Homeless people living on the streets of London have been accused of littering and urinating in the street. Some rough sleepers have reportedly set up small tents near busy tourist locations in the centre of the city, and some images claim to show several men putting squashing flower beds and one urinating in the street. One man told MailOnline that asylum seekers have been sleeping on the steps outside Westminster Cathedral.
He said: "There were dozens of them sleeping there when I was walking around at 7am this morning. They were sleeping on cardboard and dirty mattresses - some had little tents. At 8am, some grumpy looking security arrived to move them away. The migrants dumped their bedding in the flower beds and left. They have been coming back every night - nobody seems able to stop them.
"Some of them were urinating in public against walls. It's not nice for local people or the cathedral. This is Easter weekend, there are constant services going on, it's not right."
There are currently around 187,000 homeless people in London, including people sleeping rough and those living in temporary accommodation provided by the council.
There were 11,993 rough sleepers spotted on London’s streets between April 2023 and March 2024, according to Combined Homeless and Information Network research.
This marked a 19% increase on the previous year’s total and a 58% increase on the figure a decade ago.
This comes after the Express exclusively revealed that around 50 people – mainly from Eritrea – were sleeping rough on the steps of Westminster Cathedral.

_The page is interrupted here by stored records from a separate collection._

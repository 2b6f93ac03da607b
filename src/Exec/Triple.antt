-- ===== src/Exec/Triple.antt =====
-- Total correctness of an action: from `P` it returns a value with `Q`, or raises with `R`.
-- Taking `R` to be empty says that it raises nothing.
use wander_mind.Prelude.{◌≡◌, refl, Bool, true, false, if◌then◌else◌}
use wander_mind.Exec.Monad.{Result, ok, err, Exec, continue, pure, ◌>>=◌}

abbrev pub Holds : {E S A : Type 0} → (A → S → Type 0) → (E → S → Type 0) → Result E A → S → Type 0
Holds Q R (ok a) s = Q a s
Holds Q R (err e) s = R e s

pub record Triple {E S A : Type 0} (P : S → Type 0) (m : Exec E S A) (Q : A → S → Type 0)
    (R : E → S → Type 0) : Type 0 where
  pub at : (s : S) → P s → Holds Q R (m s).0 (m s).1

step_bind :
    {E S A B : Type 0} (R : E → S → Type 0) (Q : A → S → Type 0) (T : B → S → Type 0)
    (r : Result E A) (f : A → Exec E S B) (s : S)
    → Holds Q R r s
    → ((a : A) → Triple (Q a) (f a) T R)
    → Holds T R (continue r f s).0 (continue r f s).1
step_bind R Q T (ok a) f s h k = (k a).at s h
step_bind R Q T (err e) f s h k = h

module _ {E S A B : Type 0} {P : S → Type 0} {R : E → S → Type 0} where
  pub Triple-bind :
      (Q : A → S → Type 0) (T : B → S → Type 0) (m : Exec E S A) (f : A → Exec E S B)
      → Triple P m Q R
      → ((a : A) → Triple (Q a) (f a) T R)
      → Triple P (m >>= f) T R
  unfolding ◌>>=◌
  Triple-bind Q T m f h k = record {
    at = λ s p. let (r, s') = m s in step_bind R Q T r f s' (h.at s p) k;
  }

weaker :
    {E S A : Type 0} (R : E → S → Type 0) (Q T : A → S → Type 0) (r : Result E A) (s : S)
    → ((a : A) (s : S) → Q a s → T a s)
    → Holds Q R r s
    → Holds T R r s
weaker R Q T (ok a) s w h = w a s h
weaker R Q T (err e) s w h = h

module _ {E S A : Type 0} {P : S → Type 0} {R : E → S → Type 0} where
  pub Triple-pure : (Q : A → S → Type 0) (a : A) → ((s : S) → P s → Q a s) → Triple P (pure a) Q R
  unfolding pure
  Triple-pure Q a h = record { at = h }

  pub Triple-if :
      (Q : A → S → Type 0) (b : Bool) (m n : Exec E S A)
      → (b ≡ true → Triple P m Q R)
      → (b ≡ false → Triple P n Q R)
      → Triple P (if b then m else n) Q R
  Triple-if Q true m n h k = h refl
  Triple-if Q false m n h k = k refl

  -- A stronger state before.
  pub Triple-weaken :
      (P' : S → Type 0) (Q : A → S → Type 0) (m : Exec E S A)
      → ((s : S) → P s → P' s)
      → Triple P' m Q R
      → Triple P m Q R
  Triple-weaken P' Q m w h = record { at = λ s p. h.at s (w s p) }

  -- A fact beside the state that does not speak of it.
  pub Triple-given :
      (G : Type 0) (Q : A → S → Type 0) (m : Exec E S A)
      → (G → Triple P m Q R)
      → Triple (λ s. P s × G) m Q R
  Triple-given G Q m k = record { at = λ s h. (k h.1).at s h.0 }

  -- A weaker value after.
  pub Triple-post :
      (Q T : A → S → Type 0) (m : Exec E S A)
      → ((a : A) (s : S) → Q a s → T a s)
      → Triple P m Q R
      → Triple P m T R
  Triple-post Q T m w h = record { at = λ s p. weaker R Q T (m s).0 (m s).1 w (h.at s p) }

Witnesses said the number grew over the last three months - from "five to ten" to dozens.
Security officers wake them up and move them on each morning before services, but the migrants move their belongings to a nearby tree and move them back later in the day.
Robert Bates, of the Centre for Migration Control, said: "The rot caused by the failure of our immigration system strikes at the very heart of this country.
"These photos show that, far from assimilation, open borders have admitted large numbers of people who neither know, nor care, about the heritage of this country.
"On this holiest of weekends, the fact they are literally on the doorsteps of a Christian place of worship is all too apt a metaphor for the soft touch that this country has become."